From the entries below, copy exactly the lines from the one that contains "deep_copy_correlation c = record" through the one that contains "unfoldable pub deep_copy_aggregation", both included, and only those.
▬▬▬▬▬▬▬▬▬▬
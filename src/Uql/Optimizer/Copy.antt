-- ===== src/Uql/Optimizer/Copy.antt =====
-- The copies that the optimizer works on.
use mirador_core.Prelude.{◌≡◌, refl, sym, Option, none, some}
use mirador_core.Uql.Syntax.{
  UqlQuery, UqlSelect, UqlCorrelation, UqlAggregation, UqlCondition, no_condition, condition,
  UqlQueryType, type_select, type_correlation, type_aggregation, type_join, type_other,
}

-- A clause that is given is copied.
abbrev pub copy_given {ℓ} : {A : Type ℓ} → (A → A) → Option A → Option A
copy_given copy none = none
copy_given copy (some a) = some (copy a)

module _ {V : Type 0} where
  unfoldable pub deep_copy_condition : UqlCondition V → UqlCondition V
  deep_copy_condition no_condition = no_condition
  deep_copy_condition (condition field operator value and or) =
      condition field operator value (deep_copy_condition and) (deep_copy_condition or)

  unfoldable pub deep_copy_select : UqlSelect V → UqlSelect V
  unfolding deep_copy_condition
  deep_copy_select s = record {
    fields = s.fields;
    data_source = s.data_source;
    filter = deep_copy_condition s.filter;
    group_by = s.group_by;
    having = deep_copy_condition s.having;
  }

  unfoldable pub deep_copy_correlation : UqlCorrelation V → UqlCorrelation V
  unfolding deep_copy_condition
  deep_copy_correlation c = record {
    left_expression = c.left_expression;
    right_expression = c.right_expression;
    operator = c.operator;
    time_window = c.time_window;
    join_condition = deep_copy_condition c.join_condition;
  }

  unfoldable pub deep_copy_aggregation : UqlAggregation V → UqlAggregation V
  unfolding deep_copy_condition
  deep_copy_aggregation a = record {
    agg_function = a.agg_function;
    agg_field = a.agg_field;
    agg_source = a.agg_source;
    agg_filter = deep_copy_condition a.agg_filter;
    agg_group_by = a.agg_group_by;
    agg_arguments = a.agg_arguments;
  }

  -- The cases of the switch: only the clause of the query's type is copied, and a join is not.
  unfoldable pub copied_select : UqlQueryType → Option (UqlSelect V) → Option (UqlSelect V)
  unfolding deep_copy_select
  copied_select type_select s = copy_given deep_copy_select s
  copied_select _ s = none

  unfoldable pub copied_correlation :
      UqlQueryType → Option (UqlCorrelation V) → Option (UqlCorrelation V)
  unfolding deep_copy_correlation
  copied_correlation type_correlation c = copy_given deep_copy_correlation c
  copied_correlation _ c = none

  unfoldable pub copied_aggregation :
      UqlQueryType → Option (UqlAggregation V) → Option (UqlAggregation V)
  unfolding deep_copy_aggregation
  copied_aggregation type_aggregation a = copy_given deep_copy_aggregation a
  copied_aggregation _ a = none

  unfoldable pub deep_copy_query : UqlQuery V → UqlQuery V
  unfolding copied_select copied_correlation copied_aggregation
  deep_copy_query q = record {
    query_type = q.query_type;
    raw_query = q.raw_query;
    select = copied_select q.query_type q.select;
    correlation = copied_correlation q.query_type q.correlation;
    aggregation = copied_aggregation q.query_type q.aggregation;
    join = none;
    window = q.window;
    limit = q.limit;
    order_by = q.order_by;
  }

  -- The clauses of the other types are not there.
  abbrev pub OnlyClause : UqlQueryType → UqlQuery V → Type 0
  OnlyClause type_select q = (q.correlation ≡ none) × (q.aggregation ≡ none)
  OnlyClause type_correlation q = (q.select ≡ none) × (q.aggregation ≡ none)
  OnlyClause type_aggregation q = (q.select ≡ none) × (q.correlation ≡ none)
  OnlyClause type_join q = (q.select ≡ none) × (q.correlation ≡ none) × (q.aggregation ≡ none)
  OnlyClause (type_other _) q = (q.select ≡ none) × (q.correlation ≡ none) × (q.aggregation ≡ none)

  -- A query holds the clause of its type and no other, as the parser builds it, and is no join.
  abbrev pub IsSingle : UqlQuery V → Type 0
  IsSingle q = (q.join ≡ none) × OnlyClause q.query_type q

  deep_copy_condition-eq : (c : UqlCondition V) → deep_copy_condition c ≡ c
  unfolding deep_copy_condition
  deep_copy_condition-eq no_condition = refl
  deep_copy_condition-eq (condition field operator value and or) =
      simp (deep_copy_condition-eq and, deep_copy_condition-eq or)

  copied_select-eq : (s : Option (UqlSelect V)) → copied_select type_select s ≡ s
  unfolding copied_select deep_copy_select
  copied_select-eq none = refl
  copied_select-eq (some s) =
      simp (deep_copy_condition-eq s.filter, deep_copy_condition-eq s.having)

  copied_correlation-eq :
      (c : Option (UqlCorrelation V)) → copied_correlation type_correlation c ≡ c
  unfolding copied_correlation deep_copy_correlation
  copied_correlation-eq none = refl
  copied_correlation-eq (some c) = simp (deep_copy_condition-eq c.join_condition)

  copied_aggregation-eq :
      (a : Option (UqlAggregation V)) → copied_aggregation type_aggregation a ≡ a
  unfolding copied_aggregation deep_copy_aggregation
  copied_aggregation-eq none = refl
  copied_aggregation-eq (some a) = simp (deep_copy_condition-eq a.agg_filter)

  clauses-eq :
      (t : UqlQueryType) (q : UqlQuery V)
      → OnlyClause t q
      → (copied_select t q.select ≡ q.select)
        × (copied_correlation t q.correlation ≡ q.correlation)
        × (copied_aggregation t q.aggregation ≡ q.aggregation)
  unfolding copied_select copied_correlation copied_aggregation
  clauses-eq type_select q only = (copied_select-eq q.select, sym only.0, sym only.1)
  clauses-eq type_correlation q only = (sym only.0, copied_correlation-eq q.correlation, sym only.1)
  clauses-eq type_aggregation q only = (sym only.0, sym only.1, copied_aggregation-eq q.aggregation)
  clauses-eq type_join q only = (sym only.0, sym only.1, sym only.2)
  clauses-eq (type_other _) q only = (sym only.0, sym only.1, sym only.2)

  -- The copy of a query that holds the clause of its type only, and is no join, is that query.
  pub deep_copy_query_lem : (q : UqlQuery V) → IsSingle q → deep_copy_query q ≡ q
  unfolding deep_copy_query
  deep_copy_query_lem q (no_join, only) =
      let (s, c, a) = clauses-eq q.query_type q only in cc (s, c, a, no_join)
▬▬▬▬▬▬▬▬▬▬
• _Exercise solution_
  deep_copy_correlation c = record {
    left_expression = c.left_expression;
    right_expression = c.right_expression;
    operator = c.operator;
    time_window = c.time_window;
    join_condition = deep_copy_condition c.join_condition;
  }

  unfoldable pub deep_copy_aggregation : UqlAggregation V → UqlAggregation V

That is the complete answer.